Security Council composition
- Permanent members: China; France; Russia; United Kingdom; United States;
- Non-permanent members: Bosnia–Herzegovina; Brazil; Colombia; Germany; Gabon; India; Lebanon; Nigeria; Portugal; South Africa;

= United Nations Security Council Resolution 1989 =

United Nations Security Council Resolution 1989, adopted unanimously on June 17, 2011, after recalling resolutions 1267 (1999), 1333 (2000), 1363 (2001), 1373 (2001), 1390 (2002), 1452 (2002), 1455 (2003), 1526 (2004), 1566 (2004), 1617 (2005), 1624 (2005), 1699 (2006), 1730 (2006), 1735 (2006), 1822 (2008), 1904 (2009) and 1988 (2011) on terrorism and the threat to Afghanistan, the Council imposed separate sanctions regimes on Al-Qaeda and the Taliban.

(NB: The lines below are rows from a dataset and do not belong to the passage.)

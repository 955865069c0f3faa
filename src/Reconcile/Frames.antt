-- ===== src/Reconcile/Frames.antt =====
-- controllers/directoryservice_controller.go: which objects the steps of Reconcile may touch.
use mathlib.Core.Path.{subst}
use ds_operator.Prelude.{
  ℕ, ℤ, pos, Bool, true, false, ◌≡◌, refl, sym, ap, ◌∙◌, inl, inr, Error, Result, ok, err, panic,
  Ends, Ends_mono, Finishes, Finishes_mono, pure, if◌then◌else◌, ltb_ℤ,
}
use ds_operator.Kube.Meta.{key_of}
use ds_operator.Kube.Workloads.{Deployment}
use ds_operator.Kube.Objects.{Kind}
use ds_operator.Kube.Client.{Client}
use ds_operator.Kube.Client.Laws.{IsLawful}
use ds_operator.Kube.Client.Frames.{Frame, Frame-same, Frame-trans, Frame-OnlyKind, Frame-OnlyAt}
use ds_operator.Api.Types.{DirectoryService, DirectoryServiceStatus}
use ds_operator.Reconcile.Reach.{ReachOf, IsDeployment, IsService, IsSnapshots, Like}
use ds_operator.Settings.Removal.{Removed}
use ds_operator.Services.{reconcile_service, proxy_key}
use ds_operator.Services.Creation.{reconcile_service-Ensured}
use ds_operator.Proxies.{reconcile_proxy, with_proxy_status, report_proxy}
use ds_operator.Proxies.Alignment.{HasProxyContainers}
use ds_operator.Proxies.Updates.{reconcile_proxy-Settled}
use ds_operator.Snapshots.{
  reconcile_snapshots, snapshot_and_prune, stamp, last_snapshot, is_zero, deadline,
}
use ds_operator.Snapshots.Taking.{Taken}
use ds_operator.Snapshots.Rotation.{Stamped, Rotated, Unrotated, snapshot_and_prune-Rotated}

module _ {W : Type 0} (api : Client W) (law : IsLawful api) (s ds : DirectoryService)
    (like : Like s ds) where
  at_reach :
      (K : Kind → Type 0) (w w' : W) → Frame api (ReachOf K ds) w w' → Frame api (ReachOf K s) w w'
  at_reach K w w' f = subst (λ d. Frame api (ReachOf K d) w w') like f

  same_key : key_of ds.meta ≡ key_of s.meta
  same_key = ap (λ d. key_of d.meta) like

  Removed-Frame :
      (r : Result (Unit {0})) (w w' : W)
      → Removed api ds Kind.deployment (proxy_key api ds) w r w'
      → Frame api (ReachOf IsDeployment ds) w w'
  Removed-Frame _ w w' (Removed.was_absent g) = Frame-same api w w refl
  Removed-Frame _ w w' (Removed.not_ours o owner g c b) = Frame-same api w w refl
  Removed-Frame _ w w' (Removed.deleted o owner v g c b gone elsewhere) =
      Frame-OnlyAt api Kind.deployment (proxy_key api ds) (refl, refl) elsewhere
  Removed-Frame _ w w' (Removed.failed e) = Frame-same api w w refl
  Removed-Frame _ w w' (Removed.no_controller o g c) = Frame-same api w w refl

  pub reconcile_proxy-Frame :
      (w : W)
      → ((d : Deployment)
          → api.get Kind.deployment (proxy_key api ds) w ≡ ok d
          → HasProxyContainers d)
      → Finishes
          (reconcile_proxy api ds)
          w
          (λ ds' w'. Frame api (ReachOf IsDeployment s) w w' × Like s ds')
          (λ e w'. Frame api (ReachOf IsDeployment s) w w')
          (λ w'. Frame api (ReachOf IsDeployment s) w w' × (ds.spec.proxy.enabled ≡ false))
  reconcile_proxy-Frame w has =
      Finishes_mono
        (λ ds' w' p. elim p [
          | inl (on, d) ↦ (
            at_reach IsDeployment w w'
                (Frame-OnlyAt api Kind.deployment (proxy_key api ds) (refl, refl) d.elsewhere),
            elim d.how [
              | inl (n, same) ↦ subst (Like s) (sym same) like
              | inr o ↦ subst (Like s) (sym o.reported) (
                  ap
                    (λ (d : DirectoryService). record d {
                      status =
                          (with_proxy_status ds (report_proxy o.old ds.status.proxy_status)).status;
                    })
                    like)
            ],
          )
          | inr (off, same, r) ↦ (
            at_reach IsDeployment w w' (Removed-Frame (ok tt) w w' r),
            subst (Like s) (sym same) like,
          )
        ])
        (λ e w' p. elim p [
          | inl (on, same) ↦ Frame-same api w w' same
          | inr (off, r) ↦ at_reach IsDeployment w w' (Removed-Frame (err e) w w' r)
        ])
        (λ w' (off, r). (at_reach IsDeployment w w' (Removed-Frame panic w w' r), off))
        (reconcile_proxy-Settled api ds law w has)

  service_key : record { namespace = ds.meta.namespace; name = s.meta.name } ≡ key_of s.meta
  service_key = ap (λ d. record { namespace = d.meta.namespace; name = s.meta.name }) like

  pub reconcile_service-Frame :
      (w : W)
      → Ends
          (reconcile_service api ds s.meta.name)
          w
          (λ svc w'.
            Frame api (ReachOf IsService s) w w'
            × (api.get Kind.service (key_of s.meta) w' ≡ ok svc))
          (λ e w'. Frame api (ReachOf IsService s) w w')
  reconcile_service-Frame w =
      Ends_mono
        (λ svc w' made. (
          Frame-OnlyAt api Kind.service _ (refl, sym service_key) made.elsewhere,
          ap (λ k. api.get Kind.service k w') (sym service_key) ∙ made.stored,
        ))
        (λ e w' same. Frame-same api w w' same) (reconcile_service-Ensured api ds law s.meta.name w)

  -- The stored directory service is `s`, but for its status.
  abbrev pub StoredLike : W → Type 0
  StoredLike w =
      (status : DirectoryServiceStatus) × (api.get Kind.directory_service (key_of s.meta) w
        ≡ ok (record s { status = status }))

  abbrev pub AfterSnapshots : W → DirectoryService → W → Type 0
  AfterSnapshots w ds' w' = Frame api (ReachOf IsSnapshots s) w w' × Like s ds' × StoredLike w'

  module _ (now : ℤ) (r : ℕ) (w : W)
      (there : api.get Kind.directory_service (key_of s.meta) w ≡ ok s)
      (retained : s.spec.snapshots.snapshots_retained ≡ pos r) where
    there' : api.get Kind.directory_service (key_of ds.meta) w ≡ ok s
    there' = ap (λ k. api.get Kind.directory_service k w) same_key ∙ there

    stamp_only :
        Ends
          (api.update_status Kind.directory_service (stamp now ds))
          w
          (AfterSnapshots w)
          (λ e w'. Frame api (ReachOf IsSnapshots s) w w')
    stamp_only = elim (law.update_status_outcome Kind.directory_service (stamp now ds) s w there') [
      | inl (e, refused) ↦ Ends.fails e w refused (Frame-same api w w refl)
      | inr u ↦ Ends.returns u.object u.after u.returns (
        at_reach IsSnapshots w u.after
            (Frame-OnlyAt api Kind.directory_service (key_of ds.meta) (inr refl, refl) u.elsewhere),
        subst (Like s) (sym u.content) refl,
        (
          (stamp now ds).status,
          ap (λ k. api.get Kind.directory_service k u.after) (sym same_key)
              ∙ u.stored
              ∙ ap (λ o. ok o) u.content,
        ),
      )
    ]

    Taken-Frame : (w1 : W) → Taken api now ds w w1 → Frame api (ReachOf IsSnapshots s) w w1
    Taken-Frame w1 t = Frame-OnlyAt api Kind.snapshot _ (inl refl, tt) t.elsewhere

    Stamped-Frame :
        (w1 w2 : W) → Stamped api now ds s w1 w2 → Frame api (ReachOf IsSnapshots s) w1 w2
    Stamped-Frame w1 w2 st =
        at_reach IsSnapshots w1 w2
          (Frame-OnlyAt api Kind.directory_service (key_of ds.meta) (inr refl, refl) st.elsewhere)

    after_rotation :
        (ds' : DirectoryService) (w' : W)
        → Rotated api now ds s r w ds' w'
        → AfterSnapshots w ds' w'
    after_rotation ds' w' o = (
      Frame-trans api (Taken-Frame o.taken_at o.taken) (
          Frame-trans api (Stamped-Frame o.taken_at o.noted_at o.stamped)
            (Frame-OnlyKind api Kind.snapshot (λ key. (inl refl, tt)) o.pruned.deleted.only)),
      subst (Like s) (sym o.result) refl,
      (
        _,
        o.pruned.deleted.only.at Kind.directory_service (key_of s.meta) (λ e. cc)
            ∙ ap (λ k. api.get Kind.directory_service k o.noted_at) (sym same_key)
            ∙ o.stamped.stored,
      ),
    )

    after_failure :
        (e : Error) (w' : W)
        → Unrotated api now ds s w e w'
        → Frame api (ReachOf IsSnapshots s) w w'
    after_failure e w' (Unrotated.unstamped t) = Taken-Frame w' t
    after_failure e w' (Unrotated.unlisted w1 t st l) =
        Frame-trans api (Taken-Frame w1 t) (Stamped-Frame w1 w' st)

    pub reconcile_snapshots-Frame :
        Ends
          (reconcile_snapshots api now ds)
          w
          (AfterSnapshots w)
          (λ e w'. Frame api (ReachOf IsSnapshots s) w w')
    unfolding reconcile_snapshots
    reconcile_snapshots-Frame =
        by_tests ds.spec.snapshots.enabled (is_zero (last_snapshot ds)) (ltb_ℤ now (deadline ds))
      where
        rotating :
            Ends
              (snapshot_and_prune api now ds)
              w
              (AfterSnapshots w)
              (λ e w'. Frame api (ReachOf IsSnapshots s) w w')
        rotating =
            Ends_mono after_rotation after_failure
              (snapshot_and_prune-Rotated api now ds law s r w there' retained)

        idle : Ends (pure ds) w (AfterSnapshots w) (λ e w'. Frame api (ReachOf IsSnapshots s) w w')
        idle = Ends.returns ds w refl (Frame-same api w w refl, like, (s.status, there))

        by_tests :
            (on first early : Bool)
            → Ends
                (if on
                  then if first
                    then api.update_status Kind.directory_service (stamp now ds)
                    else if early
                    then pure ds
                    else snapshot_and_prune api now ds
                  else pure ds)
                w
                (AfterSnapshots w)
                (λ e w'. Frame api (ReachOf IsSnapshots s) w w')
        by_tests false first early = idle
        by_tests true true early = stamp_only
        by_tests true false true = idle
        by_tests true false false = rotating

Resolution 1989 dealt with sanctions relating to Al-Qaeda, while Resolution 1988 (2011) addressed sanctions against the Taliban. Until the passing of both the resolutions, sanctions on the Taliban and Al-Qaeda had been handled by the same committee.

==Details==
The Security Council reaffirmed that terrorism continued to constitute a "serious" threat to international peace and security. The provisions of the resolution, adopted under Chapter VII of the United Nations Charter, included;

- Modified the Committee established in Resolution 1267 to include only Al-Qaeda and associates;
- Expanded the mandate of the Ombudsperson created in Resolution 1904 to include the consideration of requests for delisting and the acceptance or rejection of requests;
- Urged states and organisations to provide all necessary information concerning delisting requests for Al-Qaeda or other individuals;
- Ensured that the sanctions were more fairly and transparently applied.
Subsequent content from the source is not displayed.